A seeming link between innovation and the liberal arts now intrigues countries where broad-based education is less prevalent. In most of the world, university curricula still emphasize learning skills oriented toward a specific profession or trade. The ebullience of the U.S. economy, which boasted in 2014 the highest percentage of high-tech outfits among all its public companies—has spurred countries such as Singapore to create schools fashioned after the U.S. liberal arts model.
If Bevin and other advocates of a STEM-only curriculum look more closely, they will find that the student who graduates after four years of pursuing physics plus poetry may, in fact, be just the kind of job candidate sought out by employers. In 2013 the Association of American Colleges & Universities issued the results of a survey of 318 employers with 25 or more employees showing that nearly all of them thought that the ability to “think critically, communicate clearly, and solve complex problems”—the precise objectives of any liberal arts education—was more important than a job candidate's specific major.

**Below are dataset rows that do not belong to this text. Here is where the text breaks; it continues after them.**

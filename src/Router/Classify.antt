-- ===== src/Router/Classify.antt =====
-- When `classify` accepts a set of constraints, and what it says of them.
use synthgen_core.Prelude.{
  All, ℕ, ◌+◌, ◌<◌, Text, Bool, true, false, not, ◌≡◌, refl, ap, ◌∙◌, Option, none, some, List, [],
  ◌∷◌, ◌++◌, map, filter, length, ◌==◌, ◌↔◌, arith, append-nil, if_rule, subst,
}
use synthgen_core.Common.Result.{Result, ok, err, ◌>>◌}
use synthgen_core.Common.Types.{ColumnDef, datetime, same_type}
use synthgen_core.Schema.{Schema}
use synthgen_core.Router.{
  ConstraintSet, ClassificationResult, is_phase_one, phase_one_constraints, phase_two_constraints,
  order_column, check_inter_row, check_aggregate, of_value_range, of_inter_row, of_aggregate,
  classified, classify,
}

module _ {F : Type 0} where
  -- One of the columns is marked ORDER, none before it is, and it is as `p` says.
  pub record FirstOrder (p : ColumnDef F → Bool) (columns : List (ColumnDef F)) : Type 0 where
    pub before : List (ColumnDef F)
    pub column : ColumnDef F
    pub after : List (ColumnDef F)
    pub split : columns ≡ before ++ column ∷ after
    pub unmarked : All (λ c. c.is_order ≡ false) before
    pub marked : column.is_order ≡ true
    pub holds : p column ≡ true

  abbrev pub is_datetime : ColumnDef F → Bool
  is_datetime col = same_type col.type datetime

  -- What the search for the column finds.
  abbrev Passes : (ColumnDef F → Bool) → Option (ColumnDef F) → Type 0
  Passes p none = ⊥
  Passes p (some col) = p col ≡ true

  FirstOrder-head :
      (p : ColumnDef F → Bool) (c : ColumnDef F) (cs : List (ColumnDef F))
      → c.is_order ≡ true
      → FirstOrder p (c ∷ cs)
      → p c ≡ true
  FirstOrder-head p c cs marked f = by_before f.before f.split f.unmarked
    where
      by_before :
          (before : List (ColumnDef F))
          → c ∷ cs ≡ before ++ f.column ∷ f.after
          → All (λ c. c.is_order ≡ false) before
          → p c ≡ true
      by_before [] e h = let same : c ≡ f.column = cc in ap p same ∙ f.holds
      by_before (b ∷ before) e h = let same : c ≡ b = cc in let other = h.0 in absurd cc

  FirstOrder-tail :
      (p : ColumnDef F → Bool) (c : ColumnDef F) (cs : List (ColumnDef F))
      → c.is_order ≡ false
      → FirstOrder p (c ∷ cs)
      → FirstOrder p cs
  FirstOrder-tail p c cs plain f = by_before f.before f.split f.unmarked
    where
      by_before :
          (before : List (ColumnDef F))
          → c ∷ cs ≡ before ++ f.column ∷ f.after
          → All (λ c. c.is_order ≡ false) before
          → FirstOrder p cs
      by_before [] e h = let same : c ≡ f.column = cc in let marked = f.marked in absurd cc
      by_before (b ∷ before) e h = record {
        before = before;
        column = f.column;
        after = f.after;
        split = cc;
        unmarked = h.1;
        marked = f.marked;
        holds = f.holds;
      }

  FirstOrder-empty : (p : ColumnDef F → Bool) → FirstOrder p [] → ⊥
  FirstOrder-empty p f = by_before f.before f.split
    where
      by_before : (before : List (ColumnDef F)) → [] ≡ before ++ f.column ∷ f.after → ⊥
      by_before [] e = absurd cc
      by_before (b ∷ before) e = absurd cc

  -- The search finds the first column that is marked.
  order_column-FirstOrder :
      (p : ColumnDef F → Bool) (columns : List (ColumnDef F))
      → Passes p (order_column columns) ↔ FirstOrder p columns
  unfolding order_column
  order_column-FirstOrder p [] = (λ e. absurd e, FirstOrder-empty p)
  order_column-FirstOrder p (c ∷ cs) =
      if_rule (λ (o : Option (ColumnDef F)). Passes p o ↔ FirstOrder p (c ∷ cs)) c.is_order
        (λ marked. (
          λ h. record {
            before = [];
            column = c;
            after = cs;
            split = refl;
            unmarked = tt;
            marked = marked;
            holds = h;
          },
          FirstOrder-head p c cs marked,
        ))
        (λ plain.
          let rest = order_column-FirstOrder p cs in
          (
            λ h.
                let f = rest.0 h in
                record {
                  before = c ∷ f.before;
                  column = f.column;
                  after = f.after;
                  split = ap (λ (t : List (ColumnDef F)). c ∷ t) f.split;
                  unmarked = (plain, f.unmarked);
                  marked = f.marked;
                  holds = f.holds;
                },
            λ f. rest.1 (FirstOrder-tail p c cs plain f),
          ))

  check_inter_row_iff :
      (n : ℕ) (s : Schema F)
      → (check_inter_row n s ≡ ok tt) ↔ (0 < n → FirstOrder (λ c. true) s.columns)
  unfolding check_inter_row
  check_inter_row_iff n s =
      let found = order_column-FirstOrder (λ c. true) s.columns in
      let passes : (check_inter_row n s ≡ ok tt)
          ↔ (0 < n → Passes (λ c. true) (order_column s.columns)) =
        ground arith in
      (λ e more. found.0 (passes.0 e more), λ h. passes.1 (λ more. found.1 (h more)))

  check_aggregate_iff :
      (n : ℕ) (s : Schema F)
      → (check_aggregate n s ≡ ok tt) ↔ (0 < n → FirstOrder is_datetime s.columns)
  unfolding check_aggregate
  check_aggregate_iff n s =
      let found = order_column-FirstOrder is_datetime s.columns in
      let passes : (check_aggregate n s ≡ ok tt)
          ↔ (0 < n → Passes is_datetime (order_column s.columns)) =
        ground arith in
      (λ e more. found.0 (passes.0 e more), λ h. passes.1 (λ more. found.1 (h more)))

then_iff :
    {A : Type 0} (a b : Result (Unit {0})) (c : A)
    → ((a >> (b >> ok c)) ≡ ok c) ↔ ((a ≡ ok tt) × (b ≡ ok tt))
then_iff (ok _) (ok _) c = (λ e. (refl, refl), λ h. refl)
then_iff (ok _) (err e) c = (λ f. absurd cc, λ h. absurd cc)
then_iff (err e) b c = (λ f. absurd cc, λ h. absurd cc)

then_value : {A : Type 0} (a b : Result (Unit {0})) (c r : A) → (a >> (b >> ok c)) ≡ ok r → c ≡ r
then_value (ok _) (ok _) c r e = cc
then_value (ok _) (err f) c r e = absurd cc
then_value (err f) b c r e = absurd cc

filter-append :
    {A : Type 0} (p : A → Bool) (xs ys : List A) → filter p (xs ++ ys) ≡ filter p xs ++ filter p ys
filter-append p [] ys = refl
filter-append p (x ∷ xs) ys = ground (arith, filter-append p xs ys)

filter-map-true :
    {A B : Type 0} (p : B → Bool) (f : A → B) (xs : List A)
    → ((x : A) → p (f x) ≡ true)
    → filter p (map f xs) ≡ map f xs
filter-map-true p f [] h = refl
filter-map-true p f (x ∷ xs) h = rw (h x, filter-map-true p f xs h) refl

filter-map-false :
    {A B : Type 0} (p : B → Bool) (f : A → B) (xs : List A)
    → ((x : A) → p (f x) ≡ false)
    → filter p (map f xs) ≡ []
filter-map-false p f [] h = refl
filter-map-false p f (x ∷ xs) h = rw (h x, filter-map-false p f xs h) refl

-- Three lists one after the other, of which it is known what the filter leaves.
filter-three :
    {A : Type 0} (p : A → Bool) (xs ys zs : List A) {us vs ws : List A}
    → filter p xs ≡ us
    → filter p ys ≡ vs
    → filter p zs ≡ ws
    → filter p (xs ++ (ys ++ zs)) ≡ us ++ (vs ++ ws)
filter-three p xs ys zs a b c =
    rw (filter-append p xs (ys ++ zs), filter-append p ys zs, a, b, c) refl

module _ {InterRow Aggregate F : Type 0} (column_name : InterRow → Text)
    (aggregate_name : Aggregate → Text) (constraints : ConstraintSet InterRow Aggregate)
    (schema : Schema F) where
  -- What `classify` asks of the constraints and the columns.
  pub record IsClassifiable : Type 0 where
    pub some_constraint :
        0
        < length constraints.value_range_names
          + length constraints.inter_row_defs
          + length constraints.aggregate_defs
    pub ordered : 0 < length constraints.inter_row_defs → FirstOrder (λ c. true) schema.columns
    pub timed : 0 < length constraints.aggregate_defs → FirstOrder is_datetime schema.columns

  abbrev Accepts : Result ClassificationResult → Type 0
  Accepts out = (out ≡ ok (classified column_name aggregate_name constraints)) ↔ IsClassifiable

  abbrev Gives : ClassificationResult → Result ClassificationResult → Type 0
  Gives r out = out ≡ ok r → classified column_name aggregate_name constraints ≡ r

  -- `classify` accepts a set of constraints exactly if there is one at all, there is an ORDER column
  -- where a constraint relates rows, and the first ORDER column is a DATETIME where a constraint
  -- aggregates.
  pub classify_iff :
      (classify column_name aggregate_name constraints schema
        ≡ ok (classified column_name aggregate_name constraints))
      ↔ IsClassifiable
  unfolding classify
  classify_iff =
      let ir_count = length constraints.inter_row_defs in
      let agg_count = length constraints.aggregate_defs in
      let total = length constraints.value_range_names + ir_count + agg_count in
      let both =
        then_iff (check_inter_row ir_count schema) (check_aggregate agg_count schema)
          (classified column_name aggregate_name constraints) in
      if_rule Accepts (total == 0)
        (λ zero. (λ e. absurd cc, λ h. absurd (ground (arith, zero, h.some_constraint))))
        (λ more. (
          λ e.
              let (rows, times) = both.0 e in
              record {
                some_constraint = ground (arith, more);
                ordered = (check_inter_row_iff ir_count schema).0 rows;
                timed = (check_aggregate_iff agg_count schema).0 times;
              },
          λ h. both.1 (
            (check_inter_row_iff ir_count schema).1 h.ordered,
            (check_aggregate_iff agg_count schema).1 h.timed,
          ),
        ))

  pub classify-eq-ok :
      (r : ClassificationResult)
      → classify column_name aggregate_name constraints schema ≡ ok r
      → classified column_name aggregate_name constraints ≡ r
  unfolding classify
  classify-eq-ok r =
      let ir_count = length constraints.inter_row_defs in
      let agg_count = length constraints.aggregate_defs in
      if_rule (Gives r) (length constraints.value_range_names + ir_count + agg_count == 0)
        (λ zero e. absurd cc)
        (λ more.
          then_value (check_inter_row ir_count schema) (check_aggregate agg_count schema)
            (classified column_name aggregate_name constraints) r)

  abbrev Phases : ClassificationResult → Type 0
  Phases r =
      (phase_one_constraints r
        ≡ map (of_value_range column_name aggregate_name) constraints.value_range_names
          ++ map (of_inter_row column_name aggregate_name) constraints.inter_row_defs)
      × (phase_two_constraints r
          ≡ map (of_aggregate column_name aggregate_name) constraints.aggregate_defs)

  -- What `classify` accepts, it divides without loss: the value ranges and the relations between
  -- rows, in their order, are for the first phase, and the aggregates for the second.
  pub classify-phases :
      (r : ClassificationResult)
      → classify column_name aggregate_name constraints schema ≡ ok r
      → (phase_one_constraints r
          ≡ map (of_value_range column_name aggregate_name) constraints.value_range_names
            ++ map (of_inter_row column_name aggregate_name) constraints.inter_row_defs)
        × (phase_two_constraints r
            ≡ map (of_aggregate column_name aggregate_name) constraints.aggregate_defs)
  unfolding phase_one_constraints phase_two_constraints classified
  classify-phases r e =
      let same = classify-eq-ok r e in
      let vr = map (of_value_range column_name aggregate_name) constraints.value_range_names in
      let ir = map (of_inter_row column_name aggregate_name) constraints.inter_row_defs in
      let agg = map (of_aggregate column_name aggregate_name) constraints.aggregate_defs in
      let names = constraints.value_range_names in
      let rows = constraints.inter_row_defs in
      let windows = constraints.aggregate_defs in
      let f = of_value_range column_name aggregate_name in
      let g = of_inter_row column_name aggregate_name in
      let h = of_aggregate column_name aggregate_name in
      subst Phases same (
        filter-three is_phase_one vr ir agg (filter-map-true is_phase_one f names (λ x. refl))
              (filter-map-true is_phase_one g rows (λ x. refl))
              (filter-map-false is_phase_one h windows (λ x. refl))
            ∙ ap (λ l. vr ++ l) (append-nil ir),
        filter-three (λ c. not (is_phase_one c)) vr ir agg
            (filter-map-false (λ c. not (is_phase_one c)) f names (λ x. refl))
            (filter-map-false (λ c. not (is_phase_one c)) g rows (λ x. refl))
            (filter-map-true (λ c. not (is_phase_one c)) h windows (λ x. refl)),
      )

Those same skills, moreover, are precisely the ones required for marrying artistic design with the engineering refinements needed to differentiate high-end cars, clothes or cell phones from legions of marketplace competitors—the type of expertise, in fact, that is least likely to be threatened by computers, robots and other job usurpers. “Consider America's vast entertainment industry, built around stories, songs, design and creativity,” wrote commentator Fareed Zakaria, author of the book In Defense of a Liberal Education, in a Washington Post column. “All of this requires skills far beyond the offerings of a narrow STEM curriculum.”
The undergraduate able to cobble together a course schedule integrating STEM and the humanities may be able to reap rich rewards. Facebook co-founder Mark Zuckerberg became an avid student of Greek and Latin when he was only in high school, in addition to setting about learning programming languages. And the same government officials who call for a shift in educational priorities should know better than to trash the liberal arts. Take Bevin's call to eschew French literature: Bevin is someone with his own debt to the humanities. He graduated from college with a bachelor's degree in East Asian studies.

The way to encourage high-tech industry to move to Kentucky—or any other state—is not to disparage Voltaire and Camus. Rather the goal should be to build a topflight state educational system and ease the way financially for students from even the most humble backgrounds to attend. The jobs will follow—whether they be in state government or in social media start-ups.